-- ===== src/Lkm/Threads/Free.antt =====
-- sa_free of lkm/core/api.c: the stack of a thread goes back, and its number is free again.
use shadow_stack_llvm.Prelude.{
  ℕ, ◌+◌, ◌*◌, ◌<◌, ◌≡◌, refl, subst, ◌∙◌, true, false, arith, none, some, List, ◌==◌,
  if◌then◌else◌, Pick,
}
use shadow_stack_llvm.Lkm.Errno.{success, fail, einval}
use shadow_stack_llvm.Lkm.Layout.{
  ss_start, ss_size, threads_limit, addr_to_id, id_to_addr, is_bad_addr, id_to_addr-linear,
  id_to_addr-layout, is_bad_addr_iff,
}
use shadow_stack_llvm.Lkm.Memory.{Memory}
use shadow_stack_llvm.Lkm.PageTable.{PageTables}
use shadow_stack_llvm.Lkm.Xarray.{Xarray, free, entry, loaded}
use shadow_stack_llvm.Lkm.FreeList.Invariant.{IsGl}
use shadow_stack_llvm.Lkm.FreeList.Release.{gl_free_lem}
use shadow_stack_llvm.Lkm.FreeList.Taken.{GivenBack, gl_free-GivenBack}
use shadow_stack_llvm.Lkm.Mapping.{unmap_range}
use shadow_stack_llvm.Lkm.Threads.{ThreadDesc, Focus, sa_free_held, sa_free}
use shadow_stack_llvm.Lkm.Threads.Alloc.{kfree-IsGl}

module _ (m : Memory) (t : PageTables) (x : Xarray ThreadDesc) where
  open m use {view}
  open t use {pte, pte-flush}
  open x use {slot, xa_erase, xa_erase-loaded, xa_erase-slot}

  -- The thread `id`, which was `d`, is gone and its stack went back; the page table entries are as before.
  pub record Freed (id : ℕ) (d : ThreadDesc) (rest : List (List ℕ)) (f f' : Focus m t x)
      : Type 0 where
    pub threads : (j : ℕ) → slot f'.threads j ≡ (if j == id then free else slot f.threads j)
    pub gl : IsGl f'.gl rest (view f'.mem)
    pub returned : GivenBack d.pagelist f.gl (view f.mem) f'.gl (view f'.mem)
    pub max_id : f'.max_id ≡ f.max_id
    pub still_mapped : (b : ℕ) → pte f'.mm b ≡ pte f.mm b

  -- sa_free behind its guards, of the address of a thread whose stack is in use, returns 0. The number
  -- of the thread is free then and the other threads are as before. The stack has gone to the free
  -- list, its pages zeroed, or, where the list is full, its pages and its two objects are freed; the
  -- object of the thread is freed too. No page table entry has changed.
  pub sa_free_held_lem :
      (addr : ℕ) {held rest : List (List ℕ)} (f : Focus m t x) (d : ThreadDesc)
      → slot f.threads (addr_to_id addr) ≡ entry d
      → Pick d.pagelist held rest
      → IsGl f.gl held (view f.mem)
      → let (ret, f') = sa_free_held m t x addr f in
        (ret ≡ success) × Freed (addr_to_id addr) d rest f f'
  unfolding sa_free_held unmap_range
  sa_free_held_lem addr f d e k g =
      let there : (xa_erase (addr_to_id addr) f.threads).0 ≡ some d =
        xa_erase-loaded (addr_to_id addr) f.threads ∙ rw e in
      rw (there, sa_free_held)
        (
          refl,
          record {
            threads = xa_erase-slot (addr_to_id addr) f.threads;
            gl = kfree-IsGl m t x _ (gl_free_lem m f.gl f.mem k g).0;
            returned = gl_free-GivenBack m f.gl f.mem k g;
            max_id = refl;
            still_mapped = pte-flush _ _ f.mm;
          },
        )

  -- Where no thread has the address, sa_free returns -EINVAL behind its guards, and it touches neither
  -- the free list nor the memory nor the page tables; the number is free afterwards.
  pub sa_free_held-einval :
      (addr : ℕ) (f : Focus m t x)
      → loaded (slot f.threads (addr_to_id addr)) ≡ none
      → let (ret, f') = sa_free_held m t x addr f in
        (ret ≡ fail einval)
        × (f' ≡ record f { threads = f'.threads })
        × ((j : ℕ) → slot f'.threads j ≡ (if j == addr_to_id addr then free else slot f.threads j))
  unfolding sa_free_held
  sa_free_held-einval addr f e =
      let absent : (xa_erase (addr_to_id addr) f.threads).0 ≡ none =
        xa_erase-loaded (addr_to_id addr) f.threads ∙ e in
      rw (absent, sa_free_held) (refl, refl, xa_erase-slot (addr_to_id addr) f.threads)

  -- sa_free of the address of a thread number below the limit, in a process that has an allocator, for
  -- a thread whose stack is in use: it returns 0, and the number is free and the other threads are as
  -- before. The stack is not in use any more: where the free list holds fewer than GL_SA_CAPACITY
  -- stacks it is on top of the list, its pages zeroed; where the list is full, the list stays, and the
  -- pages and the two objects of the stack are freed. The object of the thread is freed too, and the
  -- free list and the other stacks are in order. No page table entry has changed: the stack stays
  -- mapped.
  pub sa_free_lem :
      (id : ℕ) {held rest : List (List ℕ)} (f : Focus m t x) (d : ThreadDesc)
      → id < threads_limit
      → slot f.threads id ≡ entry d
      → Pick d.pagelist held rest
      → IsGl f.gl held (view f.mem)
      → let (ret, f') = sa_free m t x true true (id_to_addr id) f in
        (ret ≡ success) × Freed id d rest f f'
  unfolding sa_free
  sa_free_lem id {rest} f d below e k g =
      let back : addr_to_id (id_to_addr id) ≡ id = (id_to_addr-layout id id below below).2 in
      let lin : id_to_addr id ≡ ss_start + id * ss_size = id_to_addr-linear id (omega arith) in
      let good : is_bad_addr (id_to_addr id) ≡ false =
        (is_bad_addr_iff (id_to_addr id) (omega (arith, lin))).1 (rw back (below, refl)) in
      let r = sa_free_held_lem (id_to_addr id) f d (rw back e) k g in
      rw good (r.0, subst (λ i. Freed i d rest f (sa_free_held m t x (id_to_addr id) f).1) back r.1)
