-- ===== src/Lkm/System/Keys.antt =====
-- Lists of stacks under distinct keys.
use shadow_stack_llvm.Prelude.{ℕ, ◌≢◌, refl, List, [], ◌∷◌, Pick, here, there}

-- An allocator's descriptor and a thread number.
abbrev pub Key : Type 0
Key = ℕ × ℕ

abbrev pub Stacks : Type 0
Stacks = List (Key × List ℕ)

abbrev pub stacks : Stacks → List (List ℕ)
stacks [] = []
stacks ((k, st) ∷ xs) = st ∷ stacks xs

pub Pick-stacks :
    {k : Key} {st : List ℕ} {xs rest : Stacks}
    → Pick (k, st) xs rest
    → Pick st (stacks xs) (stacks rest)
Pick-stacks here = here
Pick-stacks (there p) = there (Pick-stacks p)

-- What is left when another one is taken away can still be picked.
pub Pick-other :
    {a b : Key × List ℕ} {xs rest_a rest_b : Stacks}
    → a.0 ≢ b.0
    → Pick a xs rest_a
    → Pick b xs rest_b
    → (rest : Stacks) × Pick b rest_a rest
Pick-other d here here = elim (d refl) [ ]
Pick-other {rest_a} {rest_b} d here (there q) = (_, q)
Pick-other d (there p) here = (_, here)
Pick-other d (there {y} p) (there q) = let (r, k) = Pick-other d p q in (y ∷ r, there k)
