-- ===== src/Lkm/System/Invariant.antt =====
-- What holds of the descriptors of lkm/core/api.c between calls: every reference is the table's or a
-- thread's, and every stack in use is one thread's.
use shadow_stack_llvm.Prelude.{
  ℕ, ◌+◌, ◌≤◌, ◌<◌, ◌≡◌, refl, sym, ap, subst, ◌∙◌, ◌⊎◌, inl, inr, false, Option, some, List, ◌∷◌,
  arith, ◌==◌, if◌then◌else◌, update, Bool-cases, Pick, here, there,
}
use shadow_stack_llvm.Lkm.Layout.{threads_limit}
use shadow_stack_llvm.Lkm.Memory.{Memory}
use shadow_stack_llvm.Lkm.PageTable.{PageTables}
use shadow_stack_llvm.Lkm.Xarray.{Xarray, Slot, free, reserved, entry}
use shadow_stack_llvm.Lkm.FreeList.Invariant.{IsGl}
use shadow_stack_llvm.Lkm.Threads.{ThreadDesc, Focus}
use shadow_stack_llvm.Lkm.System.{Desc, System, unfocus}
use shadow_stack_llvm.Lkm.System.Keys.{Stacks, stacks, Pick-other}

-- The reference of the table.
abbrev pub points : Slot ℕ → ℕ → ℕ
points free p = 0
points reserved p = 0
points (entry q) p = if q == p then 1 else 0

abbrev pub one : ℕ → ℕ → ℕ
one p q = if q == p then 1 else 0

abbrev pub none_held : ℕ → ℕ
none_held q = 0

module _ (m : Memory) (t : PageTables) (x : Xarray ThreadDesc) (reg : Xarray ℕ) where
  open m use {view}
  open x use {slot, size}

  -- `extra` are the references that calls under way hold; `held` are the stacks in use.
  pub record Inv (extra : ℕ → ℕ) (held : Stacks) (s : System m t x reg) : Type 0 where
    pub table :
        (tgid p : ℕ)
        → reg.slot s.sa_allocators tgid ≡ entry p
        → (d : Desc m t x reg) × (s.desc p ≡ some d) × (d.tgid ≡ tgid)
    pub counted :
        (p : ℕ) (d : Desc m t x reg)
        → s.desc p ≡ some d
        → d.kref ≡ points (reg.slot s.sa_allocators d.tgid) p + size d.threads + extra p
    pub alive : (p : ℕ) (d : Desc m t x reg) → s.desc p ≡ some d → 0 < d.kref
    pub gl : IsGl s.gl (stacks held) (view s.mem)
    pub owned :
        (p : ℕ) (d : Desc m t x reg) (i : ℕ) (v : ThreadDesc)
        → s.desc p ≡ some d
        → slot d.threads i ≡ entry v
        → (i ≤ threads_limit) × ((rest : Stacks) × Pick ((p, i), v.pagelist) held rest)

  -- What a descriptor is after an update.
  pub update-cases :
      (desc : ℕ → Option (Desc m t x reg)) (p : ℕ) (o : Option (Desc m t x reg)) (q : ℕ)
      (d : Desc m t x reg)
      → update desc p o q ≡ some d
      → ((q ≡ p) × (o ≡ some d)) ⊎ (((q == p) ≡ false) × (desc q ≡ some d))
  update-cases desc p o q d e = elim (Bool-cases (q == p)) [
    | inl hit ↦ inl (ground (arith, hit), rw hit at e)
    | inr miss ↦ inr (miss, rw miss at e)
  ]

  pub update-hit :
      (desc : ℕ → Option (Desc m t x reg)) (p : ℕ) (o : Option (Desc m t x reg))
      → update desc p o p ≡ o
  update-hit desc p o = ground arith

  pub update-miss :
      (desc : ℕ → Option (Desc m t x reg)) (p : ℕ) (o : Option (Desc m t x reg)) (q : ℕ)
      → (q == p) ≡ false
      → update desc p o q ≡ desc q
  update-miss desc p o q h = rw h refl

  -- One descriptor changes, in its threads and its references.
  abbrev pub changed :
      (tgid p : ℕ) → Desc m t x reg → ℕ → Focus m t x → System m t x reg → System m t x reg
  changed tgid p d k f s = unfocus m t x reg tgid p (record d { kref = k }) f s

  -- What the stacks in use must be for a descriptor with these threads.
  pub record Owns (held' : Stacks) (held : Stacks) (p : ℕ) (f : Focus m t x) : Type 0 where
    pub gl : IsGl f.gl (stacks held') (view f.mem)
    pub mine :
        (j : ℕ) (v : ThreadDesc)
        → slot f.threads j ≡ entry v
        → (j ≤ threads_limit) × ((rest : Stacks) × Pick ((p, j), v.pagelist) held' rest)
    pub others :
        (q j : ℕ) (st : List ℕ) (rest : Stacks)
        → (q == p) ≡ false
        → Pick ((q, j), st) held rest
        → (rest' : Stacks) × Pick ((q, j), st) held' rest'

  pub changed-Inv :
      {extra extra' : ℕ → ℕ} {held held' : Stacks} (s : System m t x reg) (tgid p : ℕ)
      (d : Desc m t x reg) (f : Focus m t x) (k : ℕ)
      → Inv extra held s
      → s.desc p ≡ some d
      → ((q : ℕ) → (q == p) ≡ false → extra' q ≡ extra q)
      → k ≡ points (reg.slot s.sa_allocators d.tgid) p + size f.threads + extra' p
      → 0 < k
      → Owns held' held p f
      → Inv extra' held' (changed tgid p d k f s)
  changed-Inv {extra'} {held'} s tgid p d f k i at_p off count pos o =
      let new : Desc m t x reg = record d { kref = k; threads = f.threads; max_id = f.max_id } in
      record {
        table = λ g q e.
            let (dq, at_q, tg) = i.table g q e in
            elim (Bool-cases (q == p)) [
              | inl hit ↦
                  let same : q ≡ p = ground (arith, hit) in
                  let dd : some d ≡ some dq = sym at_p ∙ ap s.desc (sym same) ∙ at_q in
                  let eq : d ≡ dq = cc in
                  (new, rw hit refl, ap (λ (y : Desc m t x reg). y.tgid) eq ∙ tg)
              | inr miss ↦ (dq, update-miss s.desc p (some new) q miss ∙ at_q, tg)
            ];
        counted = λ q dq e. elim (update-cases s.desc p (some new) q dq e) [
          | inl (same, made) ↦
              let eq : new ≡ dq = cc in
              subst
                (λ (y : Desc m t x reg).
                  y.kref ≡ points (reg.slot s.sa_allocators y.tgid) q + size y.threads + extra' q)
                eq (rw same count)
          | inr (miss, old) ↦ rw (off q miss) (i.counted q dq old)
        ];
        alive = λ q dq e. elim (update-cases s.desc p (some new) q dq e) [
          | inl (same, made) ↦
              let eq : new ≡ dq = cc in subst (λ (y : Desc m t x reg). 0 < y.kref) eq pos
          | inr (miss, old) ↦ i.alive q dq old
        ];
        gl = o.gl;
        owned = λ q dq j v e h. elim (update-cases s.desc p (some new) q dq e) [
          | inl (same, made) ↦
              let eq : new ≡ dq = cc in
              let back : slot f.threads j ≡ entry v =
                ap (λ (y : Desc m t x reg). slot y.threads j) eq ∙ h in
              rw same (o.mine j v back)
          | inr (miss, old) ↦
              let old_one = i.owned q dq j v old h in
              (old_one.0, o.others q j v.pagelist old_one.1.0 miss old_one.1.1)
        ];
      }

  -- The same stacks stay in use, and no thread is new.
  pub same-Owns :
      {extra : ℕ → ℕ} {held : Stacks} (s : System m t x reg) (p : ℕ) (d : Desc m t x reg)
      (f : Focus m t x)
      → Inv extra held s
      → s.desc p ≡ some d
      → IsGl f.gl (stacks held) (view f.mem)
      → ((j : ℕ) (v : ThreadDesc) → slot f.threads j ≡ entry v → slot d.threads j ≡ entry v)
      → Owns held held p f
  same-Owns s p d f i at_p g h = record {
    gl = g;
    mine = λ j v e. i.owned p d j v at_p (h j v e);
    others = λ q j st rest miss k. (rest, k);
  }

  -- One thread is new, and its stack is.
  pub more-Owns :
      {extra : ℕ → ℕ} {held : Stacks} (s : System m t x reg) (p : ℕ) (d : Desc m t x reg)
      (f : Focus m t x) (id : ℕ) (w : ThreadDesc)
      → Inv extra held s
      → s.desc p ≡ some d
      → id ≤ threads_limit
      → IsGl f.gl (w.pagelist ∷ stacks held) (view f.mem)
      → ((j : ℕ) → slot f.threads j ≡ (if j == id then entry w else slot d.threads j))
      → Owns (((p, id), w.pagelist) ∷ held) held p f
  more-Owns {held} s p d f id w i at_p small g h = record {
    gl = g;
    mine = λ j v e. elim (Bool-cases (j == id)) [
      | inl hit ↦
          let same : j ≡ id = ground (arith, hit) in
          let put : slot f.threads j ≡ entry w = h j ∙ rw hit in
          let eq : w ≡ v = cc in (rw same small, (held, rw (same, sym eq) here))
      | inr miss ↦
          let old = i.owned p d j v at_p (sym (h j ∙ rw miss) ∙ e) in
          (old.0, (((p, id), w.pagelist) ∷ old.1.0, there old.1.1))
    ];
    others = λ q j st rest miss k. (((p, id), w.pagelist) ∷ rest, there k);
  }

  -- One thread is gone, and its stack is.
  pub less-Owns :
      {extra : ℕ → ℕ} {held rest : Stacks} (s : System m t x reg) (p : ℕ) (d : Desc m t x reg)
      (f : Focus m t x) (id : ℕ) (w : ThreadDesc)
      → Inv extra held s
      → s.desc p ≡ some d
      → Pick ((p, id), w.pagelist) held rest
      → IsGl f.gl (stacks rest) (view f.mem)
      → ((j : ℕ) → slot f.threads j ≡ (if j == id then free else slot d.threads j))
      → Owns rest held p f
  less-Owns s p d f id w i here_p gone g h = record {
    gl = g;
    mine = λ j v e. elim (Bool-cases (j == id)) [
      | inl hit ↦ let none_left : slot f.threads j ≡ free = h j ∙ rw hit in cc
      | inr miss ↦
          let old = i.owned p d j v here_p (sym (h j ∙ rw miss) ∙ e) in
          (
            old.0,
            Pick-other
                (λ eq. let same : id ≡ j = ap (λ (k : ℕ × ℕ). k.1) eq in ground (arith, miss)) gone
                old.1.1,
          )
    ];
    others = λ q j st rest' miss k.
        Pick-other (λ eq. let same : p ≡ q = ap (λ (k : ℕ × ℕ). k.0) eq in ground (arith, miss))
          gone k;
  }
# # # #
Exercise: Filtering the entries above by the word "cases", copy each line that matches.

Solution:
  arith, ◌==◌, if◌then◌else◌, update, Bool-cases, Pick, here, there,
  pub update-cases :
  update-cases desc p o q d e = elim (Bool-cases (q == p)) [
            elim (Bool-cases (q == p)) [
        counted = λ q dq e. elim (update-cases s.desc p (some new) q dq e) [
        alive = λ q dq e. elim (update-cases s.desc p (some new) q dq e) [
        owned = λ q dq j v e h. elim (update-cases s.desc p (some new) q dq e) [
    mine = λ j v e. elim (Bool-cases (j == id)) [
    mine = λ j v e. elim (Bool-cases (j == id)) [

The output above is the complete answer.